**THE PROBLEM:** Go through the records and copy each line where the word "waiting" occurs.
+++ RECORDS SUPPLIED +++
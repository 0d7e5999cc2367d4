-- ===== src/Tests/Messages.antt =====
-- Messages as common/messaging.py writes and reads them, at concrete inputs.
use job_processing_workflow.Prelude.{
  ℕ, ◌+◌, ◌≡◌, refl, true, String, none, some, List, [], contains, add,
}
use job_processing_workflow.Models.{Time, Envelope, pos, dispatched, build_envelope}
use job_processing_workflow.MemoryStore.{
  set_type_config, enqueue, active, mark_dispatched, fetch_unpublished,
}
use job_processing_workflow.MemoryStore.AsStore.{in_memory}
use job_processing_workflow.MemoryStore.AsStore.Laws.{status}
use job_processing_workflow.Messaging.Json.Writing.{dumps}
use job_processing_workflow.Messaging.Json.Reading.{loads}
use job_processing_workflow.Messaging.Json.Envelopes.{loads-dumps}
use job_processing_workflow.Messaging.Kafka.{ConfluentProducer, kafka_producer, publish_flushed}
use job_processing_workflow.Dispatcher.{publish_all, dispatch_once}
use job_processing_workflow.Tests.Samples.{waiting}

abbrev clock : ℕ → Time
clock n = 100 + n

-- The text of a message, with what `json.dumps` escapes.
dumps_quoted : dumps (build_envelope 12 "a\"\n") ≡ "{\"job_id\": 12, \"job_type\": \"a\\\"\\n\"}"
unfolding dumps
dumps_quoted = refl

-- A producer of the library that loses what it is given: `flush` returns when the broker has not
-- answered in time, and tells only a callback.
abbrev losing : ConfluentProducer (List String)
losing = record { produce = λ topic key value q. (q, true); flush = λ q. q }

-- The row counts as published, and the job as dispatched, while the broker has nothing.
lost_message :
    let r = dispatch_once in_memory (kafka_producer losing) clock "jobs" (pos 5) (waiting, []) in
    (r.0.1 ≡ []) × (status r.0.0 1 ≡ some dispatched) × (contains 1 r.0.0.published ≡ true)
unfolding dispatch_once publish_all publish_flushed mark_dispatched fetch_unpublished
    set_type_config enqueue active add
lost_message = (refl, refl, refl)

-- The members in another order, with space between them, an escaped letter, and a character that
-- takes a pair of surrogates.
loads_other :
    loads (λ s. none) " { \"job_type\" :\"\\u0068\\ud83d\\uDE00\",\n\"job_id\": 7 } "
    ≡ some (build_envelope 7 "h😀")
unfolding loads
loads_other = refl

dumps_pair : dumps (build_envelope 7 "😀") ≡ "{\"job_id\": 7, \"job_type\": \"\\ud83d\\ude00\"}"
unfolding dumps
dumps_pair = refl

abbrev quote : Envelope
quote = build_envelope 12 "a\"\n"

loads-dumps_example : loads (λ s. none) (dumps quote) ≡ some quote
loads-dumps_example = loads-dumps (λ s. none) quote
+++
**RESULT FOR THIS TASK:**
use job_processing_workflow.Tests.Samples.{waiting}
    let r = dispatch_once in_memory (kafka_producer losing) clock "jobs" (pos 5) (waiting, []) in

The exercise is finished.